Programmable State for Streamlit

UPDATE: Streamlit now has official support for Session State! More info here

Hey Community :wave:,

In a lot of ways getting a Streamlit app to store internal state, like information a user entered in a form, is simply too tricky. We’ve created some workarounds for session state, but we want to give you a baked-in, elegant version of programmable state so you can build apps with intricate sequential logic, such as multi-page apps.

We’d like to use this topic as a central location for your ideas:

  • What use cases would you like supported?
  • How would you expect that use case to work?
  • Any examples of things you’ve already created as workarounds

We will compile all of these ideas and later release a design doc for commenting.

11 Likes

I built an app which connects to Snowflake DB. I built a workaround solution around authentication, which connected to DB to get user credentials. The issue however was that after each modification in a input field the app reloaded and this only happened once the user logged in the app. I believe this issue can be fixed with proper session state management.

5 Likes

Here are some ideas that come in mind where session/state management could come very handy:

  • Complex chained conditions from widget/input instead of triggering at each single change
  • User session management so data filtering based on user permissions (any time you want to build a decent BI, organization wide data insights/dashboard system you need this, or risk having to duplicate apps for each subgroup)
  • Maintain selections across apps/pages (in a multi-page app rollout), where you can offer smoother experience (similar to many BI or Google Analytics for example, when you select date range it is persisted across reports)
3 Likes

One major use case for me actually ties with what @harshjp93 is doing - connecting to snowflake (or other external sources) using oauth2. I want to remove any user credentials from my app, and instead have users authenticate themselves. This however requires storing and retrieving session tokens per user/session and never crossing them. Possibly solvable with query parameters though.

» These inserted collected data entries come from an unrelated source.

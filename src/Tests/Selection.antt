-- ===== src/Tests/Selection.antt =====
-- Tests of the composition clients (cmd/diff/client/crossplane), on a cluster with one composition.
use crossplane_diff.Selection.Discover.{or_claim}
use crossplane_diff.Selection.Discover.{if_it_uses}
use crossplane_diff.Selection.Discover.{try_lookup_at_gvk}
use crossplane_diff.Selection.Discover.{lookup_ref}
use crossplane_diff.Text.{join_with}
use crossplane_diff.Text.{cut_prefix}
use crossplane_diff.Text.{contains}
use crossplane_diff.Selection.Selector.{xr_revision_selector}
use crossplane_diff.Selection.Selector.{xr_revision_label_selector}
use crossplane_diff.Selection.Selector.{selector_under_policy}
use crossplane_diff.Selection.Selector.{parsed_selector}
use crossplane_diff.Selection.Revisions.{revisions_for_composition}
use crossplane_diff.Selection.Revisions.{load_revisions}
use crossplane_diff.Selection.Revisions.{list_composition_revisions_for_composition}
use crossplane_diff.Selection.Revisions.{get_latest_revision_for_composition}
use crossplane_diff.Selection.Revisions.{get_composition_revision}
use crossplane_diff.Selection.Revisions.{get_composition_from_revision}
use crossplane_diff.Selection.Revisions.{fetch_revision}
use crossplane_diff.Selection.Revisions.{converted}
use crossplane_diff.Selection.Revisions.{cache_by_name}
use crossplane_diff.Selection.Paths.{xr_update_policy}
use crossplane_diff.Selection.Paths.{nested_crossplane_map}
use crossplane_diff.Selection.Match.{select_by_labels}
use crossplane_diff.Selection.Match.{only_its_error}
use crossplane_diff.Selection.Match.{list_compositions}
use crossplane_diff.Selection.Match.{labels_match}
use crossplane_diff.Selection.Match.{is_unpublished}
use crossplane_diff.Selection.Match.{get_composition}
use crossplane_diff.Selection.Match.{find_by_label_selector}
use crossplane_diff.Selection.Match.{fetch_composition}
use crossplane_diff.Selection.Find.{resolve_unpinned}
use crossplane_diff.Selection.Find.{resolve_pinned}
use crossplane_diff.Selection.Find.{resolve_automatic}
use crossplane_diff.Selection.Find.{pinned}
use crossplane_diff.Selection.Find.{or_else_find}
use crossplane_diff.Selection.Find.{or_direct}
use crossplane_diff.Selection.Find.{from_revision_or_direct}
use crossplane_diff.Selection.Find.{direct_composition}
use crossplane_diff.Selection.Find.{checked}
use crossplane_diff.Selection.Find.{by_policy}
use crossplane_diff.Selection.Find.{belongs_elsewhere}
use crossplane_diff.Selection.Definitions.{xr_type}
use crossplane_diff.Selection.Definitions.{with_version}
use crossplane_diff.Selection.Definitions.{referenceable_version}
use crossplane_diff.Selection.Definitions.{get_xr_type_from_xrd}
use crossplane_diff.GoMap.{insert}
use crossplane_diff.Errors.Tree.{error_text}
use crossplane_diff.Calculator.Single.{text_at}
use crossplane_diff.Selection.Paths.{first_found}
use crossplane_diff.Selection.Paths.{nested_crossplane_value}
use crossplane_diff.Selection.Paths.{nested_crossplane_string}
use crossplane_diff.Selection.Find.{get_composition_revision_ref}
use crossplane_diff.Selection.Find.{resolve_composition_from_revisions}
use crossplane_diff.Selection.Match.{first_name}
use crossplane_diff.Selection.Find.{find_by_name}
use crossplane_diff.Selection.Find.{find_by_direct_reference}
use crossplane_diff.Selection.Find.{find_for}
use crossplane_diff.Text.{cut}
use crossplane_diff.Prelude.{
  ◌≡◌, refl, ◌↔◌, Bool, true, false, ◌&&◌, Option, none, some, [], ◌∷◌, keep,
}
use crossplane_diff.Text.{Text, codes, text_eq}
use crossplane_diff.GoMap.{GoMap, lookup}
use crossplane_diff.Objects.{Value, null, string, object, Fields, get}
use crossplane_diff.Objects.Fields.{entry, end}
use crossplane_diff.Objects.Api.{Gvk}
use crossplane_diff.Errors.Tree.{leaf}
use crossplane_diff.Result.{Result, ok, err}
use crossplane_diff.Selection.Paths.{
  Accessors, get_crossplane_ref_paths, any_path_names, resource_uses_composition,
}
use crossplane_diff.Selection.Selector.{Labels}
use crossplane_diff.Selection.State.{Composition, CompositionRevision, ClientState, ClusterReads}
use crossplane_diff.Selection.Revisions.{
  latest_of, first_of_sorted, by_number, insert_by_number, selected,
}
use crossplane_diff.Selection.Revisions.Latest.{at_least, latest_of_unique}
use crossplane_diff.Selection.Match.{
  cached_values, find_by_type_reference, choose_by_labels, is_composition_compatible, fits,
  string_labels, list_when_empty, only_one,
}
use crossplane_diff.Selection.Match.Exact.{choices-exact}
use crossplane_diff.Selection.Find.{DefinitionClient, target_of, find_matching_composition}
use crossplane_diff.Selection.Find.Compatible.{find_matching_composition-IsFor}
use crossplane_diff.Selection.Discover.{Machinery, lookup_refs}
use crossplane_diff.Selection.Discover.Resolved.{Resolved, lookup_refs-Resolved}
use crossplane_diff.Tests.Cluster.{api, field_at, string_in, gvk_of, gv_text}

unfoldable pub as_string_at : Option Value → Result (Option Text)
as_string_at none = ok none
as_string_at (some (string s)) = ok (some s)
as_string_at (some _) = err (leaf (codes "not a string"))

unfoldable pub as_map_at : Option Value → Result (Option Fields)
as_map_at none = ok none
as_map_at (some (object m)) = ok (some m)
as_map_at (some _) = err (leaf (codes "not a map"))

abbrev pub at : Accessors
at = record {
  string_at = λ o p. as_string_at (field_at o p);
  map_at = λ o p. as_map_at (field_at o p);
  slice_at = λ o p. none;
  bool_at = λ o p. none;
}

-- A selector of labels that must all be there.
unfoldable pub has_all : GoMap Text → GoMap Text → Bool
has_all [] labels = true
has_all ((k, v) ∷ sel) labels =
    elim (lookup k labels) [ none ↦ false | some w ↦ text_eq v w ] && has_all sel labels

abbrev pub labels : Labels Text (GoMap Text)
labels = record {
  everything = [];
  matches = has_all;
  selector_string = λ s. [];
  set_string = λ s. [];
  as_selector = λ s. ok s.match_labels;
  label_selector_from = λ m. err (leaf (codes "no selector"));
}

abbrev bucket_gvk : Gvk
bucket_gvk = record { group = codes "g"; version = codes "v1"; kind = codes "XBucket" }

abbrev pub composition : Composition
composition = record {
  name = codes "comp";
  labels = none;
  spec = record {
    composite_type_ref = record { api_version = codes "g/v1"; kind = codes "XBucket" };
    mode = null;
    pipeline = null;
    write_connection_secrets_to_namespace = null;
  };
}

abbrev pub bucket : Fields
bucket = entry (codes "apiVersion") (string (codes "g/v1")) (
    entry (codes "kind") (string (codes "XBucket")) (
      entry (codes "metadata") (object (entry (codes "name") (string (codes "b")) end)) (
        entry (codes "spec")
          (object (
            entry (codes "compositionRef")
              (object (entry (codes "name") (string (codes "comp")) end)) end))
          end)))

abbrev pub cluster : ClusterReads
cluster = record {
  get_resource = λ gvk ns name.
      elim (text_eq gvk.kind (codes "XBucket") && text_eq name (codes "b")) [
        | true ↦ ok bucket
        | false ↦ err (leaf (codes "not found"))
      ];
  list_resources = λ gvk ns. ok (bucket ∷ []);
  get_resources_by_label = λ gvk ns l. ok [];
  to_composition = λ o. ok composition;
  to_revision = λ o. err (leaf (codes "no revision"));
  gvk_string = λ gvk. gvk.kind;
  decimal = λ n. [];
  labels_text = λ m. [];
}

abbrev cached : ClientState
cached = record {
  compositions = (codes "comp", composition) ∷ [];
  revisions = [];
  revisions_by_composition = [];
}

abbrev definitions : DefinitionClient
definitions = record {
  get_xrd_for_claim = λ gvk. err (leaf (codes "no claim"));
  get_xrd_for_xr = λ gvk. ok end;
}

abbrev machinery : Machinery
machinery = record {
  is_not_found = λ e. true;
  parse_group_version = λ v. ok (codes "g", codes "v1");
}

abbrev numbered : Text → CompositionRevision
numbered t = record { name = t; labels = none; revision = 7; spec = composition.spec }

latest_of_unique_example :
    (latest_of labels cluster.decimal (codes "comp") [] (numbered (codes "r") ∷ [])
      ≡ ok (numbered (codes "r")))
    ↔ (keep
          (at_least (numbered (codes "r")).revision)
          (keep (selected labels cluster.decimal []) (numbered (codes "r") ∷ []))
        ≡ numbered (codes "r") ∷ [])
latest_of_unique_example =
    latest_of_unique labels cluster.decimal (codes "comp") [] (numbered (codes "r") ∷ [])
      (numbered (codes "r"))

-- Two revisions of the highest number are an error.
same_number :
    latest_of labels cluster.decimal [] [] (numbered (codes "r") ∷ numbered (codes "s") ∷ [])
    ≡ first_of_sorted labels cluster.decimal [] []
        (numbered (codes "r") ∷ numbered (codes "s") ∷ [])
unfolding latest_of by_number insert_by_number has_all
same_number = refl

choices-exact_example :
    (((find_by_type_reference api at cluster bucket_gvk cached).1 ≡ ok composition) ↔ (
      keep (is_composition_compatible api bucket_gvk) (cached_values cached.compositions)
      ≡ composition ∷ []))
    × (((choose_by_labels api at cluster [] bucket_gvk end cached).1 ≡ ok composition) ↔ (
        keep
          (fits api at cluster bucket_gvk (string_labels end))
          (cached_values cached.compositions)
        ≡ composition ∷ []))
choices-exact_example = choices-exact api at cluster bucket_gvk cached composition [] end

find_matching_composition-IsFor_example :
    is_composition_compatible api bucket_gvk composition ≡ true
unfolding target_of gvk_of cut get text_eq find_matching_composition find_for
    find_by_direct_reference find_by_name first_name get_crossplane_ref_paths
    resolve_composition_from_revisions get_composition_revision_ref nested_crossplane_string
    nested_crossplane_value first_found as_string_at text_at error_text insert lookup
    get_xr_type_from_xrd referenceable_version with_version xr_type belongs_elsewhere by_policy
    checked direct_composition from_revision_or_direct or_direct or_else_find pinned
    resolve_automatic resolve_pinned resolve_unpinned choose_by_labels fetch_composition
    find_by_label_selector find_by_type_reference fits get_composition is_composition_compatible
    is_unpublished labels_match list_compositions list_when_empty only_its_error only_one
    select_by_labels string_labels nested_crossplane_map xr_update_policy by_number cache_by_name
    converted fetch_revision first_of_sorted get_composition_from_revision get_composition_revision
    get_latest_revision_for_composition insert_by_number latest_of
    list_composition_revisions_for_composition load_revisions revisions_for_composition
    parsed_selector selector_under_policy xr_revision_label_selector xr_revision_selector field_at
    string_in contains cut_prefix join_with as_map_at gv_text
find_matching_composition-IsFor_example =
    find_matching_composition-IsFor labels api at cluster definitions bucket end bucket_gvk refl
      cached composition refl

lookup_refs-Resolved_example :
    Resolved api at cluster machinery definitions
      (codes "comp")
      (record { xr_gvk = bucket_gvk; claim_gvk = none })
      (record { namespace = []; name = codes "b" } ∷ [])
      (bucket ∷ [])
unfolding lookup_refs lookup_ref try_lookup_at_gvk if_it_uses text_eq resource_uses_composition
    any_path_names get_crossplane_ref_paths string_in get or_claim
lookup_refs-Resolved_example =
    lookup_refs-Resolved api at cluster machinery definitions (codes "comp") bucket_gvk none
      (record { namespace = []; name = codes "b" } ∷ []) (bucket ∷ []) refl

Another one as highlighted in a different thread is around having a “load” button for data. Set parameters, hit load, then do interactive work from that point on. Currently there’s no way of saying “load if not already loaded”. This specific case may be solvable by being able to ask if something is cached or not. Current workaround is to avoid buttons if at all possible - buttons are a bit unusual as they’re “true if they were the last thing to be clicked” with no history of whether they were ever clicked. Dash changed their events around buttons to just having buttons with a state of “number of times clicked”.

One thing I really like about streamlit though is that there aren’t many things like this to deal with, so would personally prefer simplicity and ease of reasoning at the expense of feature support. Streamlit shouldn’t be solving “all apps for all use cases” (imo).

I think many of my multi-page type apps would actually be solved by simply supporting hiding elements / groups of elements. Currently they are either non-existent or visible.

6 Likes

A few things I foresee us doing that are currently hard:

  • Load separate serialized models for different users (it’s likely to be a pytorch model in most cases, but it could be a TF model or something else reasonably common).

  • Load separate raw data for different users where that data is large enough that we don’t want to pull it at each page load. Instead, we’ll calculate some results and cache those user-specific results. The raw data won’t always be in a DB, because it has different schemas for different users. In those cases, it will be raw (typically csv) files in an S3 or GCS bucket. Other types of data will be in Mongo. With the data being large, I imagine it’s impractical to cache the raw data for each user, and we’ll instead calculate a large set of results/transformations up front and cache those.
    Most of the processing we do is converting a pandas DF to either a scalar or another pandas DF. I think we’re likely to do work with shapefiles and geopandas, but I haven’t throught through that much.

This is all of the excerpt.